Я хорошо знал,  и что он не отвяжется, пока ему не нальют. Поэтому поставил полторашку самогона на стол, отыскал два наименее грязных стакана, а вот закуски не было. Было три лотка китайской лапши быстрого приготовления «Счастливый рабочий». Боюсь, моим покойным родственникам не понравится такая странная еда.

Мать укоризненно покачала головой и достала из котомки узелок с соленым салом, чесноком и черным хлебом.

– Эх, сынок, сколько прожил, постарел, а гостей так и не научился принимать. У тебя всегда должна быть выпивка и закуска для дорогих гостей. Но я тебя прощаю, как прощала всегда, – мать всхлипнула и вытерла слезу, выкатившуюся из глаза. – Главное – помнить о близких. В последнее время ты редко стал вспоминать о нас.

Я возмущенно замахал руками:

– Что вы, маманя, каждый день вспоминаю, тебя и братца. Мечтаю, когда присоединюсь к вам.  Кстати, там за гранью живется? Хорошо или плохо?

Братец, набивший полный рот, что-то невнятно пробурчал, и его бурчание в равной степени можно было отнести к тому, что живем хорошо или живем плохо.

Мать укоризненно покачала пальцем:

– Не надо туда стремиться. Не беспокойся, наступит твое время.

Потом мать лихо опрокинула рюмку самогона тройной очистки, настоянного на кедровых орешках, цедре лимона и лепестках каркаде. Огненный напиток, переливающийся алым, коричневым и золотистым, исчез у нее во рту.

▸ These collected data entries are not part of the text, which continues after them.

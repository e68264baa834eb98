-- ===== src/Sockets/Drain.antt =====
-- src/lib/socketbase.cpp, Socket::do_write: what comes of calling it again and again while the
-- system takes some bytes each time.
use etwork.Common.{
  ℕ, suc, ◌-◌, ◌^◌, ◌≤◌, ◌<◌, Bool, true, false, Option, none, some, List, [], ◌∷◌, ◌++◌, ◌≡◌, refl,
  ap, sym, ◌∙◌, arith, length, drop, All, ◌==◌, if◌then◌else◌, inl, inr, List-cases, length-append,
  length-drop, append-nil,
}
use etwork.Buffer.{Impl, Message}
use etwork.Buffer.GetData.{get_data}
use etwork.Buffer.Run.{Run, done, ◌>>=◌}
use etwork.Buffer.Frames.{frames}
use etwork.Buffer.Invariant.{IsValid, HasRoom}
use etwork.Buffer.Wire.{contents, emptied, get_data-frames}
use etwork.Sockets.{
  Socket, moved, send_success, send_pending, fill_writebuf, write_or_wait, do_write,
}
use etwork.Sockets.Stream.{pending}

-- do_write for each count of bytes that ::send takes.
abbrev pub send_each : ℕ → List ℕ → Socket → Run Socket
send_each now [] s = done s
send_each now (w ∷ ws) s = do_write now s (moved w) >>= λ r. send_each now ws r.0

-- What do_write-pending asks of a socket.
pub record IsSending (s : Socket) : Type 0 where
  pub valid : IsValid s.buf_out
  pub three : 3 ≤ s.settings.queue_size
  pub small : s.settings.queue_size < 2 ^ 32
  pub fits : length (frames (contents s.buf_out)) < s.settings.queue_size

emptied-HasRoom : (im : Impl) (c : Option Message) → HasRoom im c → HasRoom (emptied im) c
emptied-HasRoom im none h = tt
emptied-HasRoom im (some w) (few, fits, part, whole, short) =
    (omega arith, omega arith, part, whole, short)

emptied-IsValid : (im : Impl) → IsValid im → IsValid (emptied im)
emptied-IsValid im v = record {
  counted = refl;
  few = omega arith;
  bounded = omega arith;
  whole = tt;
  room = emptied-HasRoom im im.cur_target v.room;
  limits = v.limits;
  shorts = v.shorts;
  half = v.half;
}

emptied-IsSending :
    (s : Socket) (bytes : List ℕ)
    → IsSending s
    → IsSending (record s { buf_out = emptied s.buf_out; writebuf = bytes })
emptied-IsSending s bytes k = record {
  valid = emptied-IsValid s.buf_out k.valid;
  three = k.three;
  small = k.small;
  fits = (let three = k.three in omega arith);
}

-- A socket that has bytes in writebuf_, and what send leaves of it.
sends :
    (now w : ℕ) (s : Socket) (b : ℕ) (bs : List ℕ)
    → s.writebuf ≡ b ∷ bs
    → write_or_wait now (moved w) (s, some (length s.writebuf)) ≡ send_success now s w
unfolding write_or_wait send_pending
sends now w s b bs e =
    let n : (length s.writebuf == 0) ≡ false = ap (λ t. length t == 0) e ∙ positive (length bs) in
    ap (λ t. if t then (s, true) else send_success now s w) n
  where
    positive : (n : ℕ) → (suc n == 0) ≡ false
    positive n = ground arith

-- What send took is gone from what waits.
fewer :
    (now w : ℕ) (s : Socket) (b : ℕ) (bs : List ℕ)
    → 0 < w
    → s.writebuf ≡ b ∷ bs
    → length (pending (send_success now s w).0) ≤ length (pending s) - 1
unfolding send_success
fewer now w s b bs some_bytes e =
    let rest = frames (contents s.buf_out) in
    let size = ap length e in
    omega (
      arith,
      length-append (drop w s.writebuf) rest,
      length-append s.writebuf rest,
      length-drop w s.writebuf,
    )

sent-IsSending : (now w : ℕ) (s : Socket) → IsSending s → IsSending (send_success now s w).0
unfolding send_success
sent-IsSending now w s k = record {
  valid = k.valid;
  three = k.three;
  small = k.small;
  fits = k.fits;
}

-- do_write on what waits, and on an empty writebuf_.
writes_on :
    (now w : ℕ) (s : Socket) (b : ℕ) (bs : List ℕ)
    → s.writebuf ≡ b ∷ bs
    → do_write now s (moved w) ≡ done (send_success now s w)
unfolding do_write fill_writebuf
writes_on now w s b bs e =
    let n : (length s.writebuf == 0) ≡ false = ap (λ t. length t == 0) e ∙ positive (length bs) in
    ap
      (λ t.
        (if t
          then (get_data s.buf_out s.settings.queue_size >>= λ r.
              done (record s { buf_out = r.0; writebuf = r.1 }, r.2))
          else done (s, some (length s.writebuf)))
        >>= λ r. done (write_or_wait now (moved w) r))
      n
    ∙ ap done (sends now w s b bs e)
  where
    positive : (n : ℕ) → (suc n == 0) ≡ false
    positive n = ground arith

abbrev loaded_socket : Socket → Socket
loaded_socket s = record s { buf_out = emptied s.buf_out; writebuf = frames (contents s.buf_out) }

writes_loaded :
    (now w : ℕ) (s : Socket)
    → IsSending s
    → s.writebuf ≡ []
    → do_write now s (moved w)
      ≡ done (
          write_or_wait now
            (moved w)
            (loaded_socket s, some (length (frames (contents s.buf_out)))))
unfolding do_write fill_writebuf
writes_loaded now w s k e =
    let n : (length s.writebuf == 0) ≡ true = ap (λ t. length t == 0) e in
    rw (n, get_data-frames s.buf_out s.settings.queue_size k.valid k.three k.small k.fits) refl

abbrev Progress : ℕ → ℕ → Socket → Type 0
Progress now w s =
    (s' : Socket) × (go_on : Bool) × (do_write now s (moved w) ≡ done (s', go_on))
    × IsSending s'
    × (length (pending s') ≤ length (pending s) - 1)

waits_with :
    (now w : ℕ) (s : Socket) (all : List ℕ)
    → frames (contents s.buf_out) ≡ all
    → IsSending s
    → 0 < w
    → s.writebuf ≡ []
    → Progress now w s
unfolding write_or_wait
waits_with now w s [] none_left k some_bytes e = (
  loaded_socket s,
  true,
  writes_loaded now w s k e ∙ ap (λ t. done (waiting t)) none_left,
  emptied-IsSending s (frames (contents s.buf_out)) k,
  (let nothing = ap length (ap (λ t. t ++ []) none_left) in omega arith),
)
  where
    waiting : List ℕ → Socket × Bool
    waiting all = write_or_wait now (moved w) (loaded_socket s, some (length all))
waits_with now w s (b ∷ bs) all k some_bytes e =
    let sent = send_success now (loaded_socket s) w in
    let less = fewer now w (loaded_socket s) b bs some_bytes all in
    let same : pending (loaded_socket s) ≡ pending s =
      append-nil (frames (contents s.buf_out))
      ∙ ap (λ t. t ++ frames (contents s.buf_out)) (sym e) in
    let size = ap length same in
    (
      sent.0,
      sent.1,
      writes_loaded now w s k e ∙ ap done (sends now w (loaded_socket s) b bs all),
      sent-IsSending now w (loaded_socket s) (emptied-IsSending s (frames (contents s.buf_out)) k),
      omega arith,
    )

-- One call: fewer bytes wait, unless none waited.
send_one : (now w : ℕ) (s : Socket) → IsSending s → 0 < w → Progress now w s
send_one now w s k some_bytes = elim (List-cases s.writebuf) [
  | inr (b, bs, e) ↦ (
    (send_success now s w).0,
    (send_success now s w).1,
    writes_on now w s b bs e,
    sent-IsSending now w s k,
    fewer now w s b bs some_bytes e,
  )
  | inl e ↦ waits_with now w s (frames (contents s.buf_out)) refl k some_bytes e
]

no_bytes : (bs : List ℕ) → length bs ≤ 0 → bs ≡ []
no_bytes [] h = refl
no_bytes (b ∷ bs) h = absurd (omega arith)

-- Of a socket that do_write can load: where send takes some bytes in each of as many calls as bytes
-- wait, do_write comes to an end each time, and after the last call nothing waits any more.
pub send_each_drains :
    (now : ℕ) (ws : List ℕ) (s : Socket)
    → IsSending s
    → All (λ w. 0 < w) ws
    → length (pending s) ≤ length ws
    → (s' : Socket) × (send_each now ws s ≡ done s') × (pending s' ≡ [])
send_each_drains now [] s k all enough = (s, refl, no_bytes (pending s) enough)
send_each_drains now (w ∷ ws) s k (some_bytes, all) enough =
    let (s1, go_on, e, k1, less) = send_one now w s k some_bytes in
    let (s', rest, nothing) = send_each_drains now ws s1 k1 all (omega arith) in
    (s', ap (λ r. r >>= λ t. send_each now ws t.0) e ∙ rest, nothing)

– Ах, х-х-хорошо, – пробормотала мать, – к-какой забористый самогончик. Кто его гонит?

– Саня-толстяк, живущий по соседству. Мы с ним учились в одном классе.

– Не помню, – мать тряхнула головой и опрокинула вторую рюмку вслед за первой.

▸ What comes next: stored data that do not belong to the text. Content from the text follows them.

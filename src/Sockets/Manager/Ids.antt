-- ===== src/Sockets/Manager/Ids.antt =====
-- src/lib/socketbase.cpp, SocketManager::socket_id: how many rounds its loop makes.
use etwork.Common.{
  ℕ, zero, suc, ◌+◌, ◌%◌, ◌^◌, ◌≤◌, ◌<◌, Bool, true, false, ◌||◌, none, some, List, [], ◌∷◌, ◌≡◌,
  refl, ◌∙◌, arith, length, ltb, leb, ◌==◌, if◌then◌else◌, inl, inr, Bool-cases, Option-cases,
}
use etwork.Common.Map.{find}
use etwork.Common.Map.Order.{against, before, behind, same}
use etwork.Buffer.Run.{done}
use etwork.Sockets.Manager.{SocketManager, next_id, is_taken, socket_id_loop, socket_id}

-- How many keys are not below n.
abbrev above : ℕ → List (ℕ × ℕ) → ℕ
above n [] = 0
above n ((k, p) ∷ rest) = if leb n k then suc (above n rest) else above n rest

above-suc : (n : ℕ) (m : List (ℕ × ℕ)) → above (suc n) m ≤ above n m
above-suc n [] = omega arith
above-suc n ((k, p) ∷ rest) = let h = above-suc n rest in ground arith

above-length : (n : ℕ) (m : List (ℕ × ℕ)) → above n m ≤ length m
above-length n [] = omega arith
above-length n ((k, p) ∷ rest) = let h = above-length n rest in ground arith

above-find : (n p : ℕ) (m : List (ℕ × ℕ)) → find ltb n m ≡ some p → above (suc n) m < above n m
unfolding find
above-find n p [] h = absurd (none≢some h)
  where
    none≢some : {q : ℕ} → none ≡ some q → ⊥
    none≢some h = cc
above-find n p ((k, q) ∷ rest) h = elim (against n k) [
  | before t g ↦ absurd (none≢some (rw t at h))
  | behind f t g ↦ let ih = above-find n p rest (rw (f, t) at h) in ground arith
  | same f f' e ↦ let le = above-suc n rest in ground arith
]
  where
    none≢some : {q : ℕ} → none ≡ some q → ⊥
    none≢some h = cc

-- The keys not below n, and the listening socket if its handle is not below n.
abbrev ahead : ℕ → SocketManager → ℕ
ahead n m = (if leb n m.listening then 1 else 0) + above n m.sockets

taken-ahead : (m : SocketManager) (n : ℕ) → is_taken m n ≡ true → ahead (suc n) m < ahead n m
unfolding is_taken
taken-ahead m n h = elim (Option-cases (find ltb n m.sockets)) [
  | inl e ↦
      let l : (n == m.listening) ≡ true = only (n == m.listening) (rw e at h) in
      let le = above-suc n m.sockets in ground arith
  | inr (p, e) ↦ let le = above-find n p m.sockets e in ground arith
]
  where
    only : (b : Bool) → (b || false) ≡ true → b ≡ true
    only true h = refl
    only false h = h

next_id_small : (n : ℕ) → suc n < 2 ^ 32 → next_id n ≡ suc n
unfolding next_id
next_id_small n h =
    let small : suc n % 2 ^ 32 ≡ suc n = omega arith in
    let positive : (suc n == 0) ≡ false = ground arith in rw (small, positive) refl

goes_on :
    (fuel : ℕ) (m : SocketManager) (n : ℕ)
    → is_taken m n ≡ true
    → suc n < 2 ^ 32
    → socket_id_loop (suc fuel) m n ≡ socket_id_loop fuel m (suc n)
unfolding socket_id_loop
goes_on fuel m n t h = rw (t, next_id_small n h) refl

ends :
    (fuel : ℕ) (m : SocketManager) (n : ℕ)
    → is_taken m n ≡ false
    → suc n < 2 ^ 32
    → socket_id_loop (suc fuel) m n ≡ done (n, suc n)
unfolding socket_id_loop
ends fuel m n f h = rw (f, next_id_small n h) refl

socket_id_loop-free :
    (fuel : ℕ) (m : SocketManager) (n : ℕ)
    → ahead n m < fuel
    → n + fuel < 2 ^ 32
    → (id : ℕ) × (socket_id_loop fuel m n ≡ done (id, suc id))
      × (is_taken m id ≡ false)
      × (n ≤ id)
      × (id < n + fuel)
socket_id_loop-free zero m n h k = absurd (omega arith)
socket_id_loop-free (suc fuel) m n h k = elim (Bool-cases (is_taken m n)) [
  | inl t ↦
      let less = taken-ahead m n t in
      let (id, e, free, le, lt) = socket_id_loop-free fuel m (suc n) (omega arith) (omega arith) in
      (id, goes_on fuel m n t (omega arith) ∙ e, free, omega arith, omega arith)
  | inr f ↦ (n, ends fuel m n f (omega arith), f, omega arith, omega arith)
]

-- While the ids are below 2^32, with the sockets of the map and two more in reserve, the loop of
-- socket_id ends: in an id that is no socket's of the map and not the listening one, that is not
-- below nextSocket_, and that nextSocket_ is one above of afterwards.
pub socket_id_fresh :
    (m : SocketManager)
    → m.next_socket + length m.sockets + 2 < 2 ^ 32
    → (id : ℕ) × (socket_id m ≡ done (id, suc id))
      × (is_taken m id ≡ false)
      × (m.next_socket ≤ id)
      × (id < m.next_socket + length m.sockets + 2)
unfolding socket_id
socket_id_fresh m h =
    let few = above-length m.next_socket m.sockets in
    let (id, e, free, le, lt) =
      socket_id_loop-free (length m.sockets + 2) m m.next_socket (ground arith) (omega arith) in
    (id, e, free, le, omega arith)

Я вздохнул, мать и при жизни многое не помнила и забывала, что говорить теперь, когда давно прописалась там, за гранью. Но мне никто так и не ответил, как там живется, и я повторил вопрос.

Братец, хотевший дернуть очередную рюмку, отставил ее в сторону и тоскливо протянул, – хорошо там, бухла и жрачки завались, ни за что не надо платить, только все без вкуса, пьешь и не пьянеешь, ешь и не наедаешься. Здесь лучше, вот самогона тяпнул, и сразу в голову ударило, отличный самогон, забористый. Так что не спеши, еще успеешь на райских лужайках покувыркаться с молоденькими девочками. Поверь, они холодные ледышки, и никакого удовольствия, как от выпивки и жрачки.  Кстати, встречал Веру, такая же яркая, хвостом крутит направо и налево, а за ней мужики табуном ходят. Как-то столкнулись на узенькой дорожке, и спросил, помнит ли нас.  Она обсмотрела меня со всех сторон, губки поджала и фыркнула: «тебя в упор не помню, а братца, Юрочку, помню. Мол, когда преставишься, обязательно пусть в гости зайдет, я его горемычного утешу, а вот тебя не хочу ублажать. – Я хотел сучке по привычке в табло зарядить, но сдержался. Я за свои проделки уже почти на грани развоплощения, и если тронул ее, – точно бы развоплотили!

– Неужели так плохо? – я удивился.

Братец нехорошо на меня зыркнул, словно что-то хотел сказать, но сдержался, дернул рюмку самогона и стал хрустеть луком.